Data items
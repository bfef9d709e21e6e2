-- ===== src/Text/Ip.antt =====
-- `parse` into `IpAddr`, as the standard library's recursive descent does it.
use phobos_wg_client.Base.{
  ℕ, zero, suc, ◌+◌, ◌-◌, ◌*◌, ◌/◌, ◌%◌, ◌^◌, Bool, true, false, not, ◌&&◌, List, [], ◌∷◌, ◌++◌,
  Option, none, some, if◌then◌else◌, ltb, ◌==◌, length, replicate,
}
use phobos_wg_client.Base.Net.{IpAddr, v4, v6}
use phobos_wg_client.Text.{Text, is_between}

-- A reader takes a value off the front of a text, or fails and takes nothing.
abbrev Read : Type 0 → Type 0
Read A = Option (A × Text)

infixl 5 ◌>>=◌
abbrev ◌>>=◌ : {A B : Type 0} → Option A → (A → Option B) → Option B
none >>= f = none
some a >>= f = f a

-- `char::to_digit`, for the radices 10 and 16.
unfoldable pub digit_of : ℕ → ℕ → Option ℕ
unfolding is_between
digit_of radix c =
    if is_between b'0' b'9' c
    then some (c - b'0')
    else if radix == 16 && is_between b'a' b'f' c
    then some (c - b'a' + 10)
    else if radix == 16 && is_between b'A' b'F' c
    then some (c - b'A' + 10)
    else none

pub record Digits : Type 0 where
  pub count : ℕ
  pub value : ℕ
  pub rest : Text

unfoldable pub read_digits : ℕ → ℕ → ℕ → Text → Digits
unfolding digit_of
read_digits radix n v [] = record { count = n; value = v; rest = [] }
read_digits radix n v (c ∷ s) = elim (digit_of radix c) [
  | none ↦ record { count = n; value = v; rest = c ∷ s }
  | some d ↦ read_digits radix (n + 1) (v * radix + d) s
]

abbrev leads_with_zero : Text → Bool
leads_with_zero [] = false
leads_with_zero (c ∷ s) = c == b'0'

-- `read_number(radix, Some(max_digits), allow_zero_prefix)` into a type of values below `limit`.
unfoldable pub read_number : ℕ → ℕ → Bool → ℕ → Text → Option (ℕ × Text)
unfolding read_digits
read_number radix max_digits allow_zero_prefix limit s =
    let r = read_digits radix 0 0 s in
    if ltb max_digits r.count
    then none
    else if r.count == 0
    then none
    else if not allow_zero_prefix && leads_with_zero s && ltb 1 r.count
    then none
    else if ltb r.value limit
    then some (r.value, r.rest)
    else none

abbrev pub read_given : ℕ → Text → Option Text
read_given c [] = none
read_given c (d ∷ s) = if d == c then some s else none

-- `read_separator`: no separator before the first.
abbrev pub behind : ℕ → ℕ → Text → Option Text
behind sep zero s = some s
behind sep (suc i) s = read_given sep s

abbrev read_octet : Text → Read ℕ
read_octet = read_number 10 3 false (2 ^ 8)

unfoldable pub read_ipv4 : Text → Option (ℕ × Text)
unfolding read_number
read_ipv4 s = do
  (a, s) ← read_octet s
  s ← read_given b'.' s
  (b, s) ← read_octet s
  s ← read_given b'.' s
  (c, s) ← read_octet s
  s ← read_given b'.' s
  (d, s) ← read_octet s
  some (((a * 2 ^ 8 + b) * 2 ^ 8 + c) * 2 ^ 8 + d, s)

pub record Groups : Type 0 where
  pub groups : List ℕ
  pub ipv4 : Bool
  pub rest : Text

-- `read_groups` from slot `i` on, with `left` slots free: an IPv4 address in the last two slots, or
-- one more group, or the end.
unfoldable pub read_groups : ℕ → ℕ → Text → Groups
unfolding read_ipv4
read_groups zero i s = record { groups = []; ipv4 = false; rest = s }
read_groups (suc left) i s =
    let stop : Groups = record { groups = []; ipv4 = false; rest = s } in
    let one_group : Groups = elim (do s' ← behind b':' i s; read_number 16 4 true (2 ^ 16) s') [
      | none ↦ stop
      | some (g, s') ↦
          let r = read_groups left (i + 1) s' in
          record { groups = g ∷ r.groups; ipv4 = r.ipv4; rest = r.rest }
    ] in
    if left == 0 then one_group else elim (do s' ← behind b':' i s; read_ipv4 s') [
      | none ↦ one_group
      | some (v, s') ↦ record { groups = v / 2 ^ 16 ∷ v % 2 ^ 16 ∷ []; ipv4 = true; rest = s' }
    ]

-- The number of 128 bits that the groups stand for.
abbrev bits_from : ℕ → List ℕ → ℕ
bits_from n [] = n
bits_from n (g ∷ gs) = bits_from (n * 2 ^ 16 + g) gs

-- `::` stands for as many zero groups as are missing, and for one at least.
unfoldable pub read_ipv6 : Text → Option (ℕ × Text)
unfolding read_groups
read_ipv6 s =
    let head = read_groups 8 0 s in
    let n = length head.groups in
    if n == 8 then some (bits_from 0 head.groups, head.rest) else if head.ipv4 then none else (do
      s ← read_given b':' head.rest
      s ← read_given b':' s
      let tail = read_groups (7 - n) 0 s
      let zeros = replicate (8 - n - length tail.groups) 0
      some (bits_from 0 (head.groups ++ (zeros ++ tail.groups)), tail.rest))

abbrev at_end : (ℕ → IpAddr) → Option (ℕ × Text) → Option IpAddr
at_end make (some (a, [])) = some (make a)
at_end make _ = none

-- The IPv6 reader is tried where the IPv4 reader fails; no text may be left.
unfoldable pub parse_ip : Text → Option IpAddr
unfolding read_ipv4 read_ipv6
parse_ip s = elim (read_ipv4 s) [ none ↦ at_end v6 (read_ipv6 s) | some r ↦ at_end v4 (some r) ]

• [YOUR GOAL] The lines in the records above that include the word "true" must be copied out.

• [ANSWER SPACE]
  ℕ, zero, suc, ◌+◌, ◌-◌, ◌*◌, ◌/◌, ◌%◌, ◌^◌, Bool, true, false, not, ◌&&◌, List, [], ◌∷◌, ◌++◌,
    let one_group : Groups = elim (do s' ← behind b':' i s; read_number 16 4 true (2 ^ 16) s') [
      | some (v, s') ↦ record { groups = v / 2 ^ 16 ∷ v % 2 ^ 16 ∷ []; ipv4 = true; rest = s' }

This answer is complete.